Productions and Expansions

A production is a grammar rule. Each production describes how to match one syntactic construct, and CongoCC turns each one into a method in the generated parser. The body of a production is an expansion: a pattern built from token references, calls to other productions, and the choice, grouping, and repetition operators. This chapter describes the syntax of productions and expansions; how the parser chooses between alternatives is the subject of Disambiguation.

A first production

In its most common form a production is just a name, a colon, an expansion, and a semicolon:

NumberList : <NUMBER> ( <COMMA> <NUMBER> )* <EOF> ;

This reads: a NumberList is a NUMBER, followed by zero or more occurrences of a COMMA and a NUMBER, followed by the end of input.

Expansion units

An expansion is a sequence of units. The units are:

Terminals

A token to match, written either as a string literal ("while") or as a token reference in angle brackets (<IDENTIFIER>, <EOF>). A string literal used here implicitly defines a token unless REQUIRE_TOKEN_DECLARATION is set; see Lexical Specification.

Non-terminals

The name of another production, optionally with arguments — Expression or ArgumentList(true). This calls the named production at that point in the parse.

Sequences

Writing units one after another matches them in order: <IF> "(" Expression ")" Statement.

Choices

| separates alternatives, matching exactly one of them: Statement : IfStatement | WhileStatement | Block.

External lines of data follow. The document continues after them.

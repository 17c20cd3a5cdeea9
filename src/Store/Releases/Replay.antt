-- ===== src/Store/Releases/Replay.antt =====
-- apps/api/src/store/memory.ts: what a command leaves when it completes, and the same command again.
use Prim.Native.String.{String}
use text.Mathlib.Text.{◌==◌ as str_eq}
use text.Mathlib.TextEquality.{eq_iff}
use screen_goblin.Prelude.{
  ℕ, ◌+◌, ◌≡◌, refl, sym, ap, ◌∙◌, inl, inr, ◌<◌, true, false, none, some, [], ◌∷◌, ◌++◌, arith,
  Option-cases, subst, leb,
}
use screen_goblin.Prelude.Search.{find, find_sound, find-append}
use screen_goblin.Authorization.Policy.{Capability}
use screen_goblin.Store.Records.{User, done}
use screen_goblin.Store.Releases.Types.{Candidate, Operation, Remembered, ReleaseStore, Backend}
use screen_goblin.Store.Releases.Idempotency.{
  Reply, ReleaseAudit, Key, is_candidate, candidate_actor, is_key, compact, remember,
  response_retention, is_invalid_reference, has_valid_candidate_digest, replay_found,
  release_candidate_replay,
}
use screen_goblin.Store.Releases.Candidates.{command}
use screen_goblin.Store.Releases.Guards.{is_new, command_inversion}
use screen_goblin.Store.Releases.Publishing.{candidate_fault-none}
use screen_goblin.Store.Releases.Retention.{find-update_if, new_kept}

-- What is remembered of a command that completed now.
abbrev pub new_record : String → Operation → ReleaseAudit → Key → Candidate → ℕ → Remembered
new_record org operation audit key d now = record {
  organization_id = org;
  operation = operation;
  key_hash = key.key_hash;
  actor_user_id = audit.actor_user_id;
  request_digest_sha256 = key.request_digest_sha256;
  expires_at = now + response_retention;
  response = some d;
}

pub str_eq_refl : (x : String) → str_eq x x ≡ true
str_eq_refl x = (eq_iff x x).1 refl

-- A command that was not seen is found once it is remembered, after the compaction too.
pub remembered_found :
    (b : Backend) (org : String) (operation : Operation) (audit : ReleaseAudit) (key : Key)
    (now : ℕ) (d : Candidate) (s : ReleaseStore)
    → release_candidate_replay b org operation audit key now s ≡ none
    → find
        (is_key org operation key.key_hash)
        (compact b now (remember org operation audit key d now s.remembered))
      ≡ some (new_record org operation audit key d now)
unfolding compact release_candidate_replay
remembered_found b org operation audit key now d s fresh =
    let test = is_key org operation key.key_hash in
    let r = new_record org operation audit key d now in
    let absent : find test s.remembered ≡ none = elim (Option-cases (find test s.remembered)) [
      | inl e ↦ e
      | inr (x, e) ↦ absurd (ground (arith, e, fresh))
    ] in
    let here : test r ≡ true = ground (arith, str_eq_refl org, str_eq_refl key.key_hash) in
    let found : find test (s.remembered ++ r ∷ []) ≡ some r =
      find-append test s.remembered (r ∷ []) absent ∙ (unfold find in rw here) in
    find-update_if test _ (λ (x : Remembered). record x { response = none })
      (s.remembered ++ r ∷ []) r (λ x. refl) found
      (new_kept b now s.remembered r absent omega arith)

-- What a command leaves when it completes now with a candidate.
pub record IsStored (b : Backend) (org : String) (operation : Operation) (audit : ReleaseAudit)
    (key : Key) (now : ℕ) (s t : ReleaseStore) (d : Candidate) : Type 0 where
  pub same_users : t.users ≡ s.users
  pub live : find (is_candidate org d.id) t.candidates ≡ some d
  pub kept : t.remembered ≡ compact b now (remember org operation audit key d now s.remembered)
  pub valid : is_invalid_reference b org operation d d ≡ false

-- The same command is answered from memory while its response is.
pub replay_stored :
    (b : Backend) (org : String) (operation : Operation) (audit : ReleaseAudit) (key : Key)
    (now later : ℕ) (s t : ReleaseStore) (d : Candidate)
    → release_candidate_replay b org operation audit key now s ≡ none
    → IsStored b org operation audit key now s t d
    → later < now + response_retention
    → release_candidate_replay b org operation audit key later t
      ≡ some (done (record { candidate = d; replayed = true }))
unfolding release_candidate_replay replay_found
replay_stored b org operation audit key now later s t d fresh is later_in =
    let found =
      ap (find (is_key org operation key.key_hash)) is.kept
      ∙ remembered_found b org operation audit key now d s fresh in
    let a = str_eq_refl audit.actor_user_id in
    let k = str_eq_refl key.request_digest_sha256 in
    let old : leb (now + response_retention) later ≡ false = ground (arith, later_in) in
    ground (arith, found, a, k, old, is.live, is.valid)

-- A command that is sent again after it completed is only replayed.
pub command_again :
    (b : Backend) (org : String) (operation : Operation) (capability : Capability)
    (candidate_id expected : String) (audit : ReleaseAudit) (key : Key) (now later : ℕ)
    (work : User → Candidate → ReleaseStore → ReleaseStore × Reply) (s : ReleaseStore)
    (d : Candidate)
    → ((actor : User) (c : Candidate)
        → find (is_candidate org c.id) s.candidates ≡ some c
        → str_eq c.organization_id org ≡ true
        → has_valid_candidate_digest b c ≡ true
        → (work actor c s).1 ≡ done (record { candidate = d; replayed = false })
        → IsStored b org operation audit key now s (work actor c s).0 d)
    → later < now + response_retention
    → (command b org operation capability candidate_id expected audit key now work s).1
      ≡ done (record { candidate = d; replayed = false })
    → (t : ReleaseStore) × ((command b org operation capability candidate_id expected audit key now
          work s).0
        ≡ t)
      × ((work' : User → Candidate → ReleaseStore → ReleaseStore × Reply)
          → command b org operation capability candidate_id expected audit key later work' t
            ≡ (t, done (record { candidate = d; replayed = true })))
unfolding command
command_again b org operation capability candidate_id expected audit key now later work s d each
      soon h =
    elim (command_inversion b org operation capability candidate_id expected audit key now work s) [
      | inl (_, old) ↦ absurd (cc (sym old ∙ ap is_new h))
      | inr (actor, c, hashes, has, able, fresh, found, fine, e) ↦
          let (m, t) = find_sound (is_candidate org candidate_id) s.candidates c found in
          let same : candidate_id ≡ c.id = sym ((eq_iff c.id candidate_id).0 (ground (arith, t))) in
          let found' = subst (λ q. find (is_candidate org q) s.candidates ≡ some c) same found in
          let (_, genuine, _) = candidate_fault-none b expected now c fine in
          let is =
            each actor c found' (ground (arith, t)) genuine
              (sym (ap (λ (q : ReleaseStore × Reply). q.1) e) ∙ h) in
          let again =
            replay_stored b org operation audit key now later s (work actor c s).0 d fresh is
              soon in
          let has' = ap (candidate_actor org audit.actor_user_id) is.same_users ∙ has in
          (
            (work actor c s).0,
            ap (λ (q : ReleaseStore × Reply). q.0) e,
            λ work'. rw hashes (rw has' (rw able (rw again refl))),
          )
    ]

The grouping and repetition operators apply to a parenthesized expansion:

Form

Meaning

( )

grouping

( )?

optional — zero or one occurrence

[ ]

optional — an equivalent spelling of ( )?

( )*

zero or more occurrences

( )+

one or more occurrences

For example, an optional else clause and an optional list of comma-separated arguments:

IfStatement : <IF> "(" Expression ")" Statement [ <ELSE> Statement ] ;

ArgumentList : "(" [ Expression ( "," Expression )* ] ")" ;

Embedded code and actions

Braces enclose embedded code written in the target language. Two types of code embeddings are defined based on their position: a declaration prologue immediately after the colon, holding local declarations for the production, and actions interspersed in the expansion, which run when the parser reaches that point.

The following grammar parses a sum of integers and actually evaluates it. The production has a return type (int), a prologue declaring two locals, and actions that accumulate the total:

PARSER_PACKAGE = "prod.test";

SKIP : " " | "\t" | "\r" | "\n" ;

TOKEN : <NUMBER : (["0"-"9"])+ > ;

int Sum :
   {
      int total = 0;
      Token n;
   }
   n = <NUMBER> { total += Integer.parseInt(n.toString()); }
   ( "+" n = <NUMBER> { total += Integer.parseInt(n.toString()); } )*
   <EOF>
   { return total; }
;

The assignment n = <NUMBER> captures the matched token into the local variable n; n.toString() is its matched text. Because Sum declares a return type, the generated method returns a value, so a caller can write:

int result = new SumParser("1 + 2 + 3").Sum();   // result == 6

Note

Embedded code ties a grammar to one target language. A grammar that uses Java actions like the one above generates a working parser only for Java. To keep a grammar usable across all four target languages, avoid embedding target-language code in productions, or provide per-language variants; see the Target Language Guide.

Full declaration syntax

Beyond the common Name : expansion ; form, a production declaration may include several optional parts, in this order:

[access]  [ReturnType]  Name  [(parameters)]  [throws …]
    [ #NodeDescriptor ]  [ RECOVER_TO expansion ]  :
    [ LexicalState : ]  expansion ;
access modifier

public, private, or protected on the generated method.

return type and parameters

A production may declare a return type and a formal parameter list, exactly as the above Sum example returns int. Parameters let one production pass information to another: ArgumentList(boolean allowEmpty) is called as ArgumentList(true).

throws list

Declares checked exceptions the production’s method may throw.

node descriptor

A # annotation controls the tree node the production builds — its name, or whether it builds a node at all. Node descriptors are covered in Tree Building.

RECOVER_TO and !

Markers used by fault-tolerant parsing, described in Fault-Tolerant Parsing.

starting lexical state

Name : STATE : expansion ; makes the production begin matching in the named lexical state.

Lookahead and assertions in expansions

Two further types of descriptors may appear in an expansion, but they are discussed elsewhere because they govern how the parser matches rather than what it matches:

  • SCAN, the up-to-here markers (=>||), and => control lookahead at choice points — see Disambiguation.

  • ASSERT and ENSURE assert conditions during parsing or lookahead, and FAIL forces an error — also in Disambiguation.